Data extract:

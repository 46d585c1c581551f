-- ===== src/Parser/Grammar/Trees.antt =====
-- The tree-building parser of src/parser/parser.c ends, and the trees have the texts of the tokens.
use morphl.Prelude.{
  ℕ, zero, suc, ◌+◌, ◌≤◌, ◌<◌, ◌≡◌, refl, Bool, true, false, ◌&&◌, &&-eq_true, Bool-cases, inl, inr,
  some, List, [], ◌∷◌, length, get_elem?, ltb, leb, ◌==◌, arith,
}
use morphl.Util.{Str}
use morphl.Util.Intern.{InternTable}
use morphl.Ast.{AstNode, null}
use morphl.Lexer.{Token}
use morphl.Parser.Operators.{Registered}
use morphl.Parser.Grammar.{
  Atoms, Production, GrammarRule, Grammar, no_atoms, more_atoms, atom_count, parser_max_depth,
  find_rule, atoms_to_match, is_candidate,
}
use morphl.Parser.Grammar.Derives.{Has, Rule}
use morphl.Parser.Grammar.Matches.{Matches, MatchesAny, to_prefix, to_extended}
use morphl.Parser.Grammar.Productive.{
  are_productive, productions_productive, atoms_fuel, productions_fuel,
}
use morphl.Parser.Grammar.Enough.{atoms_to_match-fuel}
use morphl.Parser.Grammar.Attempts.{
  Holds, Holds-give, Holds-give_up, Holds-if, Holds-bind, Holds-tried,
}
use morphl.Parser.Grammar.Build.{Matching, build_prod_result}
use morphl.Parser.Grammar.Known.{
  Known, CapturesKnown, may_free, capture_append-CapturesKnown, build_prod_result-Holds,
}
use morphl.Parser.Grammar.Tree.{
  Match, capture_of, is_kind_of, leading_capture, starting_captures, operand_of, wants_first,
  or_fail, match_atoms_ast, match_pattern_ast, match_any_ast, extend_ast, parse_rule_internal_ast,
}
use morphl.Parser.Grammar.Leaves.{
  NamesFine, Names-fine, Names-keep, Fine, TokensKnown, Result, on_captures-Holds,
}
use morphl.Parser.Grammar.AtomTrees.{or_fail-Holds, match_atoms_ast-Holds}

-- The rule has a production that may free nodes in use.
abbrev pub MayFree : GrammarRule → Type 0
MayFree rule =
    (prod : Production) × Has rule prod
    × (may_free prod.templates (operand_of prod.starts_with_expr prod) ≡ true)

candidate_starts :
    (extending : Bool) (prod : Production)
    → is_candidate extending prod ≡ true
    → prod.starts_with_expr ≡ extending
candidate_starts true prod h = h
candidate_starts false prod h = elim (Bool-cases prod.starts_with_expr) [
  | inl e ↦ cc (rw e at h)
  | inr e ↦ e
]

module _ (Q : Str → Type 0) where
  leading_capture-CapturesKnown :
      (whole : Atoms) (lhs : AstNode) → Known Q lhs → CapturesKnown Q (leading_capture whole lhs)
  unfolding CapturesKnown
  leading_capture-CapturesKnown no_atoms lhs h = tt
  leading_capture-CapturesKnown (more_atoms a more) lhs h = elim (Bool-cases (capture_of a == 0)) [
    | inl e ↦ rw e tt
    | inr e ↦ rw e (capture_append-CapturesKnown Q [] (capture_of a) lhs tt h)
  ]

  starting_captures-CapturesKnown :
      (extending : Bool) (prod : Production) (lhs : AstNode)
      → Known Q lhs
      → CapturesKnown Q (starting_captures extending prod lhs)
  unfolding CapturesKnown
  starting_captures-CapturesKnown true prod lhs h = leading_capture-CapturesKnown prod.atoms lhs h
  starting_captures-CapturesKnown false prod lhs h = tt

module _ (number number_float : ℕ) (Q : Str → Type 0) (F : Type 0) (g : Grammar)
    (registry : List Registered) (k n r : ℕ)
    (rule_holds : (fuel symbol : ℕ) (rule : GrammarRule) (bp : ℕ) (ts : List Token) (depth : ℕ)
      → find_rule g.rules symbol ≡ some rule
      → TokensKnown number number_float Q F ts
      → 129 ≤ depth + n
      → length ts ≤ k
      → r ≤ fuel
      → Holds F
          (NamesFine number number_float Q F)
          (Result number number_float Q F (Rule g (is_kind_of number number_float) rule bp) true ts)
          (parse_rule_internal_ast g registry fuel rule bp ts depth))
    (some_tokens : 1 ≤ k) where
  abbrev I : Matching → Type 0
  I = Fine number number_float Q F

  abbrev J : InternTable → Type 0
  J = NamesFine number number_float Q F

  abbrev accepts : ℕ → Token → Bool
  accepts = is_kind_of number number_float

  abbrev Res : (List Token → List Token → Type 0) → List Token → Match → Type 0
  Res R ts = Result number number_float Q F R true ts

  match_pattern_ast-Holds :
      (fuel : ℕ) (prod : Production) (ts : List Token) (bp : ℕ) (extending : Bool) (depth : ℕ)
      (collect : Bool)
      → are_productive prod.atoms ≡ true
      → TokensKnown number number_float Q F ts
      → 128 ≤ depth + n
      → length ts ≤ k
      → suc (atoms_fuel k r prod.atoms) ≤ fuel
      → Holds F I
          (Res (Matches g accepts prod bp extending) ts)
          (match_pattern_ast g registry fuel prod ts bp extending depth collect)
  unfolding match_pattern_ast Known
  match_pattern_ast-Holds zero prod ts bp extending depth collect p known d l f =
      absurd (omega arith)
  match_pattern_ast-Holds (suc fuel) prod ts bp extending depth collect p known d l f =
      Holds-if I (ltb parser_max_depth depth) (λ _. Holds-give_up I)
        λ _.
          Holds-bind I (or_fail (atoms_to_match prod bp extending))
            (or_fail-Holds I (atoms_to_match prod bp extending))
            λ more e.
              let (p', f') = atoms_to_match-fuel k r prod bp extending e p in
              Holds-bind I (match_atoms_ast g registry fuel more ts depth collect null)
                (match_atoms_ast-Holds number number_float Q F g registry k n r rule_holds
                  some_tokens fuel more ts depth collect null p' known tt d l (omega arith))
                λ (first, us) (s, h, known', (fewer, _)).
                  Holds-if I (extending && leb (atom_count prod.atoms) 1) (λ _. Holds-give_up I)
                    λ enough.
                      Holds-if I (length us == length ts) (λ _. Holds-give_up I)
                        λ moved.
                          Holds-give I (first, us)
                            ((more, e, s, enough), h, known', (fewer, λ _. ground (arith, moved)))

  match_any_ast-Holds :
      (fuel : ℕ) (rule : GrammarRule) (extending : Bool) (prods : List Production) (lhs : AstNode)
      (ts : List Token) (bp depth : ℕ)
      → ((i : ℕ) (prod : Production) → get_elem? prods i ≡ some prod → Has rule prod)
      → productions_productive prods ≡ true
      → (MayFree rule → F)
      → Known Q lhs
      → TokensKnown number number_float Q F ts
      → 127 ≤ depth + n
      → length ts ≤ k
      → productions_fuel k r prods ≤ fuel
      → Holds F J
          (Res (MatchesAny g accepts rule bp extending) ts)
          (match_any_ast g registry fuel extending prods lhs ts bp depth)
  unfolding match_any_ast productions_productive productions_fuel
  match_any_ast-Holds zero rule extending [] lhs ts bp depth within p dooms h known d l f =
      absurd (omega arith)
  match_any_ast-Holds zero rule extending (prod ∷ prods) lhs ts bp depth within p dooms h known d l
        f =
      absurd (omega arith)
  match_any_ast-Holds (suc fuel) rule extending [] lhs ts bp depth within p dooms h known d l f =
      Holds-give_up J
  match_any_ast-Holds (suc fuel) rule extending (prod ∷ prods) lhs ts bp depth within p dooms h
        known d l f =
      let (this, rest) = &&-eq_true (are_productive prod.atoms) (productions_productive prods) p in
      let others =
        match_any_ast-Holds fuel rule extending prods lhs ts bp depth (λ i q e. within (suc i) q e)
          rest dooms h known d l (omega arith) in
      Holds-if J (is_candidate extending prod)
        (λ candidate.
          Holds-tried J _
            (on_captures-Holds number number_float Q F (starting_captures extending prod lhs) _
              (starting_captures-CapturesKnown Q extending prod lhs h)
              (Holds-bind I
                (match_pattern_ast g registry fuel prod ts bp extending (depth + 1)
                  (wants_first extending prod))
                (match_pattern_ast-Holds fuel prod ts bp extending (depth + 1)
                  (wants_first extending prod) this known (omega arith) l (omega arith))
                λ (first, us) (m, h', known', read).
                  Holds-bind I
                    (build_prod_result registry prod.templates (operand_of extending prod) first)
                    (build_prod_result-Holds Q F J (Names-fine number number_float Q F)
                      (Names-keep number number_float Q F) registry prod.templates
                      (operand_of extending prod) first
                      (λ e. dooms (
                        prod,
                        within 0 prod refl,
                        (rw (candidate_starts extending prod candidate) e),
                      ))
                      h')
                    λ built h''.
                      Holds-give I (built, us)
                        ((prod, within 0 prod refl, candidate, m), h'', known', read)))
            others λ (built, us) result. Holds-give J (built, us) result)
        (λ _. others)

  extend_ast-Holds :
      (fuel : ℕ) (rule : GrammarRule) (bp : ℕ) (lhs : AstNode) (start ts : List Token) (depth : ℕ)
      → productions_productive rule.productions ≡ true
      → (MayFree rule → F)
      → Rule g accepts rule bp start ts
      → length ts < length start
      → Known Q lhs
      → TokensKnown number number_float Q F ts
      → 127 ≤ depth + n
      → length ts ≤ k
      → suc (length ts + productions_fuel k r rule.productions) ≤ fuel
      → Holds F J
          (Res (Rule g accepts rule bp) start)
          (extend_ast g registry fuel rule bp lhs ts depth)
  unfolding extend_ast
  extend_ast-Holds zero rule bp lhs start ts depth p dooms derived read h known d l f =
      absurd (omega arith)
  extend_ast-Holds (suc fuel) rule bp lhs start ts depth p dooms derived read h known d l f =
      Holds-tried J (match_any_ast g registry fuel true rule.productions lhs ts bp depth)
        (match_any_ast-Holds fuel rule true rule.productions lhs ts bp depth (λ i q e. (i, e)) p
          dooms h known d l (omega arith))
        (Holds-give J (lhs, ts) (derived, h, known, (omega arith, λ _. read)))
        λ (built, us) (m, h', known', (_, less)).
          let fewer : length us < length ts = less refl in
          extend_ast-Holds fuel rule bp built start us depth p dooms
            (to_extended g accepts rule bp start ts us derived m) (omega arith) h' known' d
            (omega arith) (omega arith)

  pub step_down :
      (fuel : ℕ) (rule : GrammarRule) (bp : ℕ) (ts : List Token) (depth : ℕ)
      → productions_productive rule.productions ≡ true
      → (MayFree rule → F)
      → TokensKnown number number_float Q F ts
      → 128 ≤ depth + n
      → length ts ≤ k
      → suc (suc (k + productions_fuel k r rule.productions)) ≤ fuel
      → Holds F J
          (Res (Rule g accepts rule bp) ts)
          (parse_rule_internal_ast g registry fuel rule bp ts depth)
  unfolding parse_rule_internal_ast Known
  step_down zero rule bp ts depth p dooms known d l f = absurd (omega arith)
  step_down (suc fuel) rule bp ts depth p dooms known d l f =
      Holds-if J (ltb parser_max_depth depth) (λ _. Holds-give_up J)
        λ _.
          Holds-bind J (match_any_ast g registry fuel false rule.productions null ts bp depth)
            (match_any_ast-Holds fuel rule false rule.productions null ts bp depth (λ i q e. (i, e))
              p dooms tt known (omega arith) l (omega arith))
            λ (built, us) (m, h, known', (_, less)).
              let fewer : length us < length ts = less refl in
              extend_ast-Holds fuel rule bp built ts us depth p dooms
                (to_prefix g accepts rule bp ts us m) fewer h known' (omega arith) (omega arith)
                (omega arith)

What is needed:
Count, in the records above, the lines that include "moved", and give the number with nothing added.

Response below:
2